When asked if it’s time for RBI to cut interest rate, Jaitley replied in the affirmative.
“My views are well-known. It is (the time),” he said at a press conference on completion of one year of the government.
The Reserve Bank of India (RBI) is scheduled to announce its monetary policy on June 2.
The central bank has lowered its policy rate twice so far in 2015, but maintained status quo at the recent policy meet on April 7 in the wake of unseasonal rains impacting food prices.
The repo, the rate at which the RBI lends to banks, is currently 7.5 per cent and the cash reserve ratio (CRR), the amount of deposits that lenders park with the central bank, 4 per cent.
According to analysts, the mix of slowing inflation and a weaker-than-expected growth is building the case for a softer policy.
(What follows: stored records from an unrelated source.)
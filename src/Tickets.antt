-- ===== src/Tickets.antt =====
-- services/agentnexus/internal/tickets/step_grant.go: minting and consuming a one-use grant.
pub mod Laws
pub mod Governed
use agentnexus.Base.{
  ℕ, ◌+◌, String, ℤ, pos, negsuc, Bool, true, false, not, ◌||◌, Option, none, some, ltb, leb,
  if◌then◌else◌,
}
use agentnexus.Errors.{
  Err, sentinel, plain, joined, invalid_action_grant, action_grant_consumed, Result, ok, err,
}
use agentnexus.Runtime.Types.{Time}
use agentnexus.Runtime.Grant.{StepGrant, validate_step_grant}

-- 5 * time.Minute, in nanoseconds
abbrev pub max_action_grant_ttl : ℕ
max_action_grant_ttl = 300_000_000_000

-- `TTL` is a signed `time.Duration`
pub record ActionGrantInput : Type 0 where
  pub grant_ref : String
  pub business_context_ref : String
  pub capability : String
  pub parameter_hash : String
  pub ttl : ℤ

abbrev pub capped_ttl : ℤ → ℕ
capped_ttl (negsuc n) = max_action_grant_ttl
capped_ttl (pos n) = if leb n 0 || ltb max_action_grant_ttl n then max_action_grant_ttl else n

abbrev pub unvalidated_grant : ActionGrantInput → Time → StepGrant
unvalidated_grant input issued = record {
  grant_ref = input.grant_ref;
  business_context_ref = input.business_context_ref;
  capability = input.capability;
  parameter_hash = input.parameter_hash;
  one_use = true;
  issued_at = issued;
  expires_at = issued + capped_ttl input.ttl;
}

abbrev checked : StepGrant → Option Err → Result StepGrant
checked grant none = ok grant
checked grant (some e) = err (joined (sentinel invalid_action_grant) e)

-- `MintActionGrant`
unfoldable pub mint_action_grant : ActionGrantInput → Time → Result StepGrant
mint_action_grant input issued =
    checked (unvalidated_grant input issued) (validate_step_grant (unvalidated_grant input issued))

-- `ConsumeActionGrant`
unfoldable pub consume_action_grant : StepGrant → Time → Bool → Option Err
consume_action_grant grant consumed_at already_consumed =
    if not grant.one_use
    then some (sentinel invalid_action_grant)
    else if already_consumed
    then some (sentinel action_grant_consumed)
    else if not (ltb consumed_at grant.expires_at)
    then some (joined (sentinel invalid_action_grant) (plain "action grant expired"))
    else none
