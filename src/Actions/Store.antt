-- ===== src/Actions/Store.antt =====
-- model.go, MemoryStore: the rows behind one mutex, and the operations that move an action.
-- Each method runs under the mutex, so it is one step from a store to a store.
pub mod Effects
pub mod Evolves
pub mod Backing
pub mod Backed
pub mod Once
use Prim.Native.String
use agentnexus.Base.{
  String, Bool, true, false, not, ◌||◌, Option, none, some, ◌≠ₛ◌, if◌then◌else◌, Dict, lookup,
  insert, [],
}
use agentnexus.Errors.{
  Err, sentinel, joined, errors_is, not_found, idempotency_conflict, forbidden_transition,
  evidence_consumed, action_grant_consumed, Result, ok, err,
}
use agentnexus.Runtime.Types.{Time, is_zero, ActionStatus, granted, dispatched, same_status}
use agentnexus.Runtime.Grant.{StepGrant}
use agentnexus.Runtime.Receipt.{ActionReceipt}
use agentnexus.Tickets.{consume_action_grant}
use agentnexus.Actions.Lifecycle.{can_transition}
use agentnexus.Actions.Model.{Action, zero_action, Grant, Dispatch, ConnectorResult}

-- `storeKey`
unfoldable pub store_key : String → String → String
store_key tenant_ref ref = String.◌++◌ tenant_ref (String.◌++◌ "\0" ref)

pub record MemoryStore : Type 0 where
  pub actions : Dict Action
  pub by_idem : Dict String
  pub grants : Dict Grant
  pub dispatches : Dict Dispatch
  pub claimed : Dict Bool
  pub inbox : Dict Bool
  pub receipts : Dict ActionReceipt

-- `NewMemoryStore`
abbrev pub new_memory_store : MemoryStore
new_memory_store = record {
  actions = [];
  by_idem = [];
  grants = [];
  dispatches = [];
  claimed = [];
  inbox = [];
  receipts = [];
}

-- `m[k]` of a `map[string]bool`, false where the key is missing
abbrev pub flag : Option Bool → Bool
flag none = false
flag (some b) = b

abbrev pub or_zero : Option Action → Action
or_zero none = zero_action
or_zero (some a) = a

-- the operation that an idempotency key binds
unfoldable pub same_operation : Action → String → String → String → Bool
same_operation a capability parameter_hash business_context_ref = not (
    a.capability ≠ₛ capability
    || a.parameter_hash ≠ₛ parameter_hash
    || a.business_context_ref ≠ₛ business_context_ref)

replay : Action → Action → MemoryStore → Result (Action × Bool) × MemoryStore
unfolding same_operation
replay existing a s =
    if same_operation existing a.capability a.parameter_hash a.business_context_ref
    then (ok (existing, false), s)
    else (err (sentinel idempotency_conflict), s)

put_new : String → Action → MemoryStore → Result (Action × Bool) × MemoryStore
put_new idem_key a s = (
  ok (a, true),
  record s {
    actions = insert (store_key a.tenant_ref a.action_ref) a s.actions;
    by_idem = insert idem_key a.action_ref s.by_idem;
  },
)

put_indexed : Option String → String → Action → MemoryStore → Result (Action × Bool) × MemoryStore
unfolding replay put_new
put_indexed none idem_key a s = put_new idem_key a s
put_indexed (some ref) idem_key a s =
    replay (or_zero (lookup (store_key a.tenant_ref ref) s.actions)) a s

-- `PutRequested`
unfoldable pub put_requested : Action → MemoryStore → Result (Action × Bool) × MemoryStore
unfolding put_indexed
put_requested a s =
    let idem_key = store_key a.tenant_ref a.idempotency_key in
    put_indexed (lookup idem_key s.by_idem) idem_key a s

abbrev or_not_found {ℓ} : {A : Type ℓ} → Option A → Result A
or_not_found none = err (sentinel not_found)
or_not_found (some a) = ok a

-- `GetAction`
unfoldable pub get_action : String → String → MemoryStore → Result Action
get_action tenant_ref action_ref s =
    or_not_found (lookup (store_key tenant_ref action_ref) s.actions)

abbrev indexed : Option String → String → MemoryStore → Result Action
indexed none tenant_ref s = err (sentinel not_found)
indexed (some ref) tenant_ref s = ok (or_zero (lookup (store_key tenant_ref ref) s.actions))

-- `GetByIdempotencyKey`
unfoldable pub get_by_idempotency_key : String → String → MemoryStore → Result Action
get_by_idempotency_key tenant_ref key s =
    indexed (lookup (store_key tenant_ref key) s.by_idem) tenant_ref s

abbrev pub is_set : Option Grant → Bool
is_set none = false
is_set (some g) = true

-- the action that `Grant` writes
abbrev pub granted_action : Action → Action → Grant → Action
granted_action stored a g = record stored {
  status = granted;
  grant_ref = g.grant_ref;
  approval_evidence_ref = a.approval_evidence_ref;
  updated_at = g.issued_at;
}

grant_found : Option Action → String → Action → Grant → MemoryStore → Result Action × MemoryStore
grant_found none key a g s = (err (sentinel not_found), s)
grant_found (some stored) key a g s =
    if not (can_transition stored.status granted)
    then (err (sentinel forbidden_transition), s)
    else if is_set (lookup key s.grants)
    then (err (sentinel evidence_consumed), s)
    else (
      ok (granted_action stored a g),
      record s {
        actions = insert key (granted_action stored a g) s.actions;
        grants = insert key g s.grants;
      },
    )

-- `Grant`
unfoldable pub grant : Action → Grant → MemoryStore → Result Action × MemoryStore
unfolding grant_found
grant a g s =
    let key = store_key a.tenant_ref a.action_ref in grant_found (lookup key s.actions) key a g s

-- the contract's view of a stored grant
abbrev pub step_grant : Grant → StepGrant
step_grant g = record {
  grant_ref = g.grant_ref;
  business_context_ref = g.business_context_ref;
  capability = g.capability;
  parameter_hash = g.parameter_hash;
  one_use = g.one_use;
  issued_at = g.issued_at;
  expires_at = g.expires_at;
}

abbrev consume_err : Err → Err
consume_err e =
    if errors_is e action_grant_consumed
    then sentinel evidence_consumed
    else joined (sentinel forbidden_transition) e

abbrev pub dispatched_action : Action → Time → Action
dispatched_action stored at = record stored { status = dispatched; updated_at = at }

abbrev pub consumed_grant : Grant → Time → Grant
consumed_grant g at = record g { consumed_at = at }

dispatch_consumed :
    Option Err
    → Grant
    → Action
    → String
    → String
    → Dispatch
    → Time
    → MemoryStore
    → Result Action × MemoryStore
dispatch_consumed (some e) g stored key row d at s = (err (consume_err e), s)
dispatch_consumed none g stored key row d at s = (
  ok (dispatched_action stored at),
  record s {
    actions = insert key (dispatched_action stored at) s.actions;
    grants = insert key (consumed_grant g at) s.grants;
    dispatches = insert row d s.dispatches;
  },
)

dispatch_granted :
    Option Grant
    → Action
    → String
    → String
    → Dispatch
    → Time
    → MemoryStore
    → Result Action × MemoryStore
unfolding dispatch_consumed
dispatch_granted none stored key row d at s = (err (sentinel not_found), s)
dispatch_granted (some g) stored key row d at s =
    dispatch_consumed (consume_action_grant (step_grant g) at (not (is_zero g.consumed_at))) g
      stored key row d at s

dispatch_found :
    Option Action → String → String → Dispatch → Time → MemoryStore → Result Action × MemoryStore
unfolding dispatch_granted
dispatch_found none key row d at s = (err (sentinel not_found), s)
dispatch_found (some stored) key row d at s =
    if not (can_transition stored.status dispatched)
    then (err (sentinel forbidden_transition), s)
    else dispatch_granted (lookup key s.grants) stored key row d at s

-- `Dispatch`
unfoldable pub dispatch :
    String → String → Dispatch → Time → MemoryStore → Result Action × MemoryStore
unfolding dispatch_found
dispatch tenant_ref action_ref d at s =
    let key = store_key tenant_ref action_ref in
    dispatch_found (lookup key s.actions) key (store_key tenant_ref d.dispatch_ref) d at s

abbrev pub moved_action : Action → ActionStatus → String → Time → Action
moved_action stored to reason at = record stored {
  status = to;
  failure_reason = if reason ≠ₛ "" then reason else stored.failure_reason;
  updated_at = at;
}

transition_found :
    Option Action
    → String
    → ActionStatus
    → ActionStatus
    → String
    → Time
    → MemoryStore
    → Result Action × MemoryStore
transition_found none key from to reason at s = (err (sentinel not_found), s)
transition_found (some stored) key from to reason at s =
    if not (same_status stored.status from)
    then (err (sentinel forbidden_transition), s)
    else if not (can_transition from to)
    then (err (sentinel forbidden_transition), s)
    else (
      ok (moved_action stored to reason at),
      record s { actions = insert key (moved_action stored to reason at) s.actions },
    )

-- `Transition`
unfoldable pub transition :
    String
    → String
    → ActionStatus
    → ActionStatus
    → String
    → Time
    → MemoryStore
    → Result Action × MemoryStore
unfolding transition_found
transition tenant_ref action_ref from to reason at s =
    let key = store_key tenant_ref action_ref in
    transition_found (lookup key s.actions) key from to reason at s

abbrev pub settled_action : Action → ActionStatus → String → Time → Action
settled_action stored to receipt_ref at = record stored {
  status = to;
  receipt_ref = receipt_ref;
  updated_at = at;
}

ingest_found :
    Option Action
    → String
    → String
    → ConnectorResult
    → ActionStatus
    → Time
    → MemoryStore
    → Result (Action × Bool) × MemoryStore
ingest_found none inbox_key key r to at s = (err (sentinel not_found), s)
ingest_found (some stored) inbox_key key r to at s =
    if not (can_transition stored.status to) then (err (sentinel forbidden_transition), s) else (
      ok (settled_action stored to r.receipt.receipt_ref at, true),
      record s {
        actions = insert key (settled_action stored to r.receipt.receipt_ref at) s.actions;
        inbox = insert inbox_key true s.inbox;
        receipts = insert (store_key r.tenant_ref r.receipt.receipt_ref) r.receipt s.receipts;
      },
    )

-- `IngestResult`
unfoldable pub ingest_result :
    ConnectorResult → ActionStatus → Time → MemoryStore → Result (Action × Bool) × MemoryStore
unfolding ingest_found
ingest_result r to at s =
    let inbox_key = store_key r.tenant_ref r.result_id in
    let key = store_key r.tenant_ref r.action_ref in
    if flag (lookup inbox_key s.inbox)
    then (ok (or_zero (lookup key s.actions), false), s)
    else ingest_found (lookup key s.actions) inbox_key key r to at s

-- `ResultApplied`
unfoldable pub result_applied : String → String → MemoryStore → Bool
result_applied tenant_ref result_id s = flag (lookup (store_key tenant_ref result_id) s.inbox)

-- `GetReceipt`
unfoldable pub get_receipt : String → String → MemoryStore → Result ActionReceipt
get_receipt tenant_ref receipt_ref s =
    or_not_found (lookup (store_key tenant_ref receipt_ref) s.receipts)
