-- ===== src/Actions/World.antt =====
-- The state that one call of the service sees, and what the code takes from outside: service.go's
-- `Service` with the in-memory ports of model.go. The clock, the identifiers, the transport, the
-- decision-provider verification and the receipt verification are parameters.
use Prim.Native.String
use agentnexus.Base.{
  ℕ, zero, suc, ◌+◌, ◌/◌, ◌%◌, String, Bool, true, Option, none, some, List, [], ◌∷◌, ◌++◌, Dict,
  lookup, insert, ◌==◌, if◌then◌else◌,
}
use agentnexus.Errors.{
  Err, sentinel, joined, unavailable, evidence_rejected, not_found, evidence_consumed, Result, ok,
  err,
}
use agentnexus.Runtime.Types.{Time, PrincipalContext}
use agentnexus.Runtime.Receipt.{ActionReceipt, Codec}
use agentnexus.Actions.Model.{ConsumedEvidence, AuditEvent, DispatchKind}
use agentnexus.Actions.Store.{store_key, MemoryStore, flag}

-- outbox.go, `DispatchMessage`
pub record DispatchMessage : Type 0 where
  pub tenant_ref : String
  pub action_ref : String
  pub dispatch_ref : String
  pub capability : String
  pub parameter_hash : String
  pub grant_ref : String
  pub kind : DispatchKind

-- MemoryEvidenceConsumer
pub record EvidenceStore : Type 0 where
  pub records : Dict ConsumedEvidence
  pub consumed : Dict Bool
  pub revoked : Dict Bool

-- MemoryAuditSink
pub record AuditSink : Type 0 where
  pub events : List AuditEvent
  pub fail : Option Err
  pub minted : ℕ

-- What the clock, the identifier generator and the transport have been asked so far.
pub record Env : Type 0 where
  pub ticks : ℕ
  pub minted : ℕ
  pub sent : List DispatchMessage

pub record World : Type 0 where
  pub store : MemoryStore
  pub evidence : EvidenceStore
  pub audit : AuditSink
  pub env : Env

-- The wiring of a `Service`. `ready` says that the receiver, its store, its audit sink, its clock
-- and its identifier generator are there, which `guard` tests; an optional port may be nil.
pub record Deps : Type 0 where
  pub ready : Bool
  pub codec : Codec
  -- the n-th reading of the clock, and the n-th identifier under a prefix
  pub clock : ℕ → Time
  pub new_id : ℕ → String → String
  -- the n-th publish, with the text of its error
  pub publisher : Option (ℕ → DispatchMessage → Option String)
  pub evidence_wired : Bool
  pub providers : Option (String → PrincipalContext → String → String → Option Err)
  pub receipts : Option (String → ActionReceipt → Option Err)

-- A call returns a value or an error, and the state that it leaves.
abbrev pub M : Type 0 → Type 0
M A = World → Result A × World

abbrev pub carry_on : {A B : Type 0} → Result A → (A → M B) → M B
carry_on (ok a) f w = f a w
carry_on (err e) f w = (err e, w)

infixl 5 ◌>>=◌ ◌>>◌
unfoldable pub ◌>>=◌ : {A B : Type 0} → M A → (A → M B) → M B
◌>>=◌ m f w = let (r, w') = m w in carry_on r f w'

abbrev pub ◌>>◌ : {A B : Type 0} → M A → M B → M B
m >> n = m >>= λ _. n

abbrev pub lift : {A : Type 0} → Result A → M A
lift r w = (r, w)

abbrev pub reads : {A : Type 0} → (World → Result A) → M A
reads f w = (f w, w)

-- an early return of an error, where a validator found one
abbrev pub stop_on : Option Err → M (Unit {0})
stop_on none w = (ok tt, w)
stop_on (some e) w = (err e, w)

-- `guard`, with what `ctx.Err()` answers
unfoldable pub guard : Deps → Option Err → Option Err
guard d ctx =
    if d.ready
    then elim ctx [ none ↦ none | some e ↦ some (joined (sentinel unavailable) e) ]
    else some (sentinel unavailable)

-- `s.now().UTC()` and `s.newID(prefix)`
unfoldable pub now : Deps → M Time
now d w = (ok (d.clock w.env.ticks), record w { env = record w.env { ticks = w.env.ticks + 1 } })

unfoldable pub new_id : Deps → String → M String
new_id d prefix w = (
  ok (d.new_id w.env.minted prefix),
  record w { env = record w.env { minted = w.env.minted + 1 } },
)

unfoldable pub consume_found :
    Option ConsumedEvidence → String → EvidenceStore → Result ConsumedEvidence × EvidenceStore
consume_found none key c = (err (sentinel not_found), c)
consume_found (some r) key c =
    if flag (lookup key c.consumed)
    then (err (sentinel evidence_consumed), c)
    else (ok r, record c { consumed = insert key true c.consumed })

-- `ConsumeApprovalEvidence`
unfoldable pub consume_approval_evidence :
    String → String → EvidenceStore → Result ConsumedEvidence × EvidenceStore
unfolding consume_found
consume_approval_evidence tenant_ref plan_ref c =
    let key = store_key tenant_ref plan_ref in
    if flag (lookup key c.revoked)
    then (err (sentinel evidence_rejected), c)
    else consume_found (lookup key c.records) key c

-- `Seed` and `Revoke`
unfoldable pub seed : String → ConsumedEvidence → EvidenceStore → EvidenceStore
seed tenant_ref e c = record c { records = insert (store_key tenant_ref e.plan_ref) e c.records }

unfoldable pub revoke : String → String → EvidenceStore → EvidenceStore
revoke tenant_ref plan_ref c = record c {
  revoked = insert (store_key tenant_ref plan_ref) true c.revoked;
}

digit : ℕ → String
digit n =
    if n == 0
    then "0"
    else if n == 1
    then "1"
    else if n == 2
    then "2"
    else if n == 3
    then "3"
    else if n == 4
    then "4"
    else if n == 5
    then "5"
    else if n == 6
    then "6"
    else if n == 7
    then "7"
    else if n == 8
    then "8"
    else "9"

-- the loop of `itoa`: a number of n has at most n digits, so n rounds are enough
digits : ℕ → ℕ → String → String
unfolding digit
digits zero n acc = acc
digits (suc fuel) n acc =
    let rest = digits fuel (n / 10) (String.◌++◌ (digit (n % 10)) acc) in
    if n == 0 then acc else rest

unfoldable pub itoa : ℕ → String
unfolding digits
itoa n = if n == 0 then "0" else digits n n ""

-- `AppendActionAudit`
unfoldable pub append_action_audit : AuditEvent → AuditSink → Result String × AuditSink
append_action_audit event s = elim s.fail [
  | some e ↦ (err e, s)
  | none ↦ (
    ok (String.◌++◌ "actionaudit_" (itoa (s.minted + 1))),
    record s { events = s.events ++ (event ∷ []); minted = s.minted + 1 },
  )
]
While a rate cut on or before June 2 is most likely, beyond that, any room for additional rate cuts depends on structural reforms of the government.
However, there is risk of monsoon being lower than average, potentially affecting crop production.
Retail inflation eased to a 4-month low of 4.87 per cent in April while industrial output slowed to a 5-month low of 2.1 per cent in March.
At wholesale level, the deflationary pressure has persisted for the sixth month in a row, with WPI inflation now at a new low of (-)2.65 per cent in April.
These macro economic indicators strengthen the government’s and the industry’s call for a lower rate regime.
“We are penciling in a 25 per cent repo rate cut by RBI on June 2 or even before that,” SBI said had said in a research note.
According to experts, the next round of rate cut may now be driven more by growth considerations as inflationary momentum is likely to remain subdued.
“We are convinced that retail inflation trajectory will be significantly benign on the back of a loss of purchasing power in rural economy,” the SBI had said, adding that “if inflation numbers stay below 5 per cent, there is an outside chance of an additional 0.25 per cent cut”.